La Quinta Heeren, una construcción del siglo XIX, en Barrios Altos, Lima, Perú, es la reliquia de una ciudad que ya no existe. En el centro de Lima y Barrios Altos vivieron las familias más adineradas del país hasta las primeras décadas del siglo pasado. Había casas de estilo neoclásico, con balcones de madera finamente tallados y portones con escudos. Las mujeres se paseaban con largos vestidos y sombrillas, y los hombres con trajes oscuros, bastones y sombreros. Ahora, en este mismo instante, por estos jirones se ve a una mujer que vende huevo de codorniz, un mototaxi avanza en medio de los autos, hombres y mujeres caminan de prisa y quizá con miedo porque alguien les puede robar.

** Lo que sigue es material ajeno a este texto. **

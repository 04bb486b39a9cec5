-- ===== src/Tty/Numbers.antt =====
-- The numbers that `ft_putnbr`, `ft_putunsignednbr` and `ft_puthexa` put on the screen, as the list of
-- their characters.
use native.Mathlib.Nat.{pow-succ'}
use kernel_legacy.Prelude.{
  ℕ, zero, suc, ◌+◌, ◌-◌, ◌*◌, ◌/◌, ◌%◌, ◌^◌, ◌≤◌, ◌<◌, ◌≡◌, refl, ◌∙◌, inl, inr, Bool, true, false,
  List, [], ◌∷◌, ◌++◌, arith, leb, ◌==◌, if◌then◌else◌, ==→eq, Bool-cases,
}

-- `ft_putnbr` of a number that is not negative, for at most `n` levels of calls; 48 is the zero
unfoldable pub ft_putnbr_from : (n nb : ℕ) → List ℕ
ft_putnbr_from zero nb = []
ft_putnbr_from (suc n) nb =
    let high = ft_putnbr_from n (nb / 10) in
    let low = ft_putnbr_from n (nb % 10) in if leb 10 nb then high ++ low else (nb + 48) ∷ []

-- 32-bit words have at most ten digits
abbrev pub digits : ℕ → List ℕ
digits nb = ft_putnbr_from 10 nb

-- `ft_putnbr` of an `int`, by its word
unfoldable pub ft_putnbr : ℕ → List ℕ
ft_putnbr w =
    if w == 2147483648
    then (45 ∷ digits 21474) ++ digits 83648
    else if leb 2147483648 w
    then 45 ∷ digits (4294967296 - w)
    else digits w

unfoldable pub ft_putunsignednbr : ℕ → List ℕ
ft_putunsignednbr nb =
    if leb 10 nb then ft_putnbr (nb / 10) ++ ft_putnbr (nb % 10) else (nb + 48) ∷ []

-- the value of decimal digits that follow others
abbrev pub value_from : ℕ → List ℕ → ℕ
value_from acc [] = acc
value_from acc (d ∷ ds) = value_from (acc * 10 + (d - 48)) ds

-- the sign and the value of a number
abbrev pub read_number : List ℕ → Bool × ℕ
read_number [] = (false, 0)
read_number (c ∷ cs) = if c == 45 then (true, value_from 0 cs) else (false, value_from 0 (c ∷ cs))

value_from-append :
    (acc : ℕ) (xs ys : List ℕ) → value_from acc (xs ++ ys) ≡ value_from (value_from acc xs) ys
value_from-append acc [] ys = refl
value_from-append acc (x ∷ xs) ys = value_from-append (acc * 10 + (x - 48)) xs ys

-- a digit for itself
one_digit : (n nb : ℕ) → nb < 10 → ft_putnbr_from (suc n) nb ≡ (nb + 48) ∷ []
unfolding ft_putnbr_from
one_digit n nb lt = let small : leb 10 nb ≡ false = ground arith in rw (ft_putnbr_from, small) refl

-- the digits of a number have its value, where there are levels enough for them
value_from-digits : (n nb : ℕ) → nb < 10 ^ suc n → value_from 0 (ft_putnbr_from (suc n) nb) ≡ nb
unfolding ft_putnbr_from
value_from-digits zero nb lt =
    let small : leb 10 nb ≡ false = ground arith in rw (ft_putnbr_from, small) (omega arith)
value_from-digits (suc n) nb lt = elim (Bool-cases (leb 10 nb)) [
  | inr small ↦ rw (ft_putnbr_from, small) (omega arith)
  | inl large ↦
      let high : value_from 0 (ft_putnbr_from (suc n) (nb / 10)) ≡ nb / 10 =
        value_from-digits n (nb / 10) (omega (arith, pow-succ' 10 (suc n))) in
      rw (ft_putnbr_from, large, one_digit n (nb % 10) (omega arith))
        (value_from-append 0 (ft_putnbr_from (suc n) (nb / 10)) ((nb % 10 + 48) ∷ [])
          ∙ rw high (omega arith))
]

-- the first of the characters, if there is one, is a digit
abbrev Digit : List ℕ → Type 0
Digit [] = Unit
Digit (c ∷ cs) = 48 ≤ c

digits-Digit : (n nb : ℕ) → Digit (ft_putnbr_from n nb)
unfolding ft_putnbr_from
digits-Digit zero nb = tt
digits-Digit (suc n) nb = elim (Bool-cases (leb 10 nb)) [
  | inr small ↦ rw (ft_putnbr_from, small) (omega arith)
  | inl large ↦
      rw (ft_putnbr_from, large)
        (joined (ft_putnbr_from n (nb / 10)) (ft_putnbr_from n (nb % 10)) (digits-Digit n (nb / 10))
          (digits-Digit n (nb % 10)))
]
  where
    joined : (xs ys : List ℕ) → Digit xs → Digit ys → Digit (xs ++ ys)
    joined [] ys d e = e
    joined (x ∷ xs) ys d e = d

read_number-Digit : (l : List ℕ) → Digit l → read_number l ≡ (false, value_from 0 l)
read_number-Digit [] d = refl
read_number-Digit (c ∷ cs) d = let plain : (c == 45) ≡ false = ground arith in rw plain refl

value_from-small : (w : ℕ) → w < 10000000000 → value_from 0 (digits w) ≡ w
value_from-small w lt = value_from-digits 9 w lt

-- Reading what `ft_putnbr` prints of a 32-bit word gives back the sign and the magnitude of the `int`.
pub read_number-ft_putnbr :
    (w : ℕ)
    → w < 4294967296
    → read_number (ft_putnbr w) ≡ (leb 2147483648 w, if leb 2147483648 w then 4294967296 - w else w)
unfolding ft_putnbr ft_putnbr_from
read_number-ft_putnbr w lt = elim (Bool-cases (w == 2147483648)) [
  | inl least ↦ let same : w ≡ 2147483648 = ==→eq _ _ least in rw same refl
  | inr other ↦ elim (Bool-cases (leb 2147483648 w)) [
    | inl negative ↦
        rw (ft_putnbr, other, negative, value_from-small (4294967296 - w) (omega arith)) refl
    | inr positive ↦
        rw (ft_putnbr, other, positive, read_number-Digit (digits w) (digits-Digit 10 w))
          (rw (value_from-small w (omega arith)) refl)
  ]
]

below_sign : (w : ℕ) → w < 2147483648 → ft_putnbr w ≡ digits w
unfolding ft_putnbr
below_sign w lt =
    let other : (w == 2147483648) ≡ false = ground arith in
    let positive : leb 2147483648 w ≡ false = ground arith in rw (ft_putnbr, other, positive) refl

-- Reading what `ft_putunsignednbr` prints of a 32-bit word gives back the word.
pub value_from-ft_putunsignednbr :
    (nb : ℕ) → nb < 4294967296 → value_from 0 (ft_putunsignednbr nb) ≡ nb
unfolding ft_putunsignednbr
value_from-ft_putunsignednbr nb lt = elim (Bool-cases (leb 10 nb)) [
  | inr small ↦ rw (ft_putunsignednbr, small) (omega arith)
  | inl large ↦
      rw
        (
          ft_putunsignednbr,
          large,
          below_sign (nb / 10) (omega arith),
          below_sign (nb % 10) (omega arith),
          one_digit 9 (nb % 10) (omega arith),
        )
        (value_from-append 0 (digits (nb / 10)) ((nb % 10 + 48) ∷ [])
          ∙ rw (value_from-small (nb / 10) (omega arith)) (omega arith))
]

El piso es de madera y cruje, las paredes blancas lucen cascarones, huellas de esos tapices que solían revestir los muros en el pasado. El techo es alto, y desde él cuelgan los restos de una lámpara. Al costado hay un baño de azulejos rajados, un pequeño lavatorio, excusado y bidet. Este espacio quizá represente apenas el uno por ciento de este conjunto habitacional construido en la década de 1880 por Oscar Heeren, comerciante y aventurero alemán, quien tras viajar por Europa y Asia llegó al Perú para, entre otras cosas, dejar como legado esta edificación de estilo astro-húngaro que al inicio ocupó cuatro hectáreas.

—Esto es para restaurarlo y no tocarlo más —dice Cristina Chouciño, aficionada a la arquitectura, con emoción en los ojos–. Es maravilloso, algún día tienen que empezar a cuidarlo.
—En otro país estaría protegido y abierto para que los turistas lo vean –responde Pierre Gonnord, fotógrafo que ha estado en castillos de Portugal, España, Italia y otros países de Europa.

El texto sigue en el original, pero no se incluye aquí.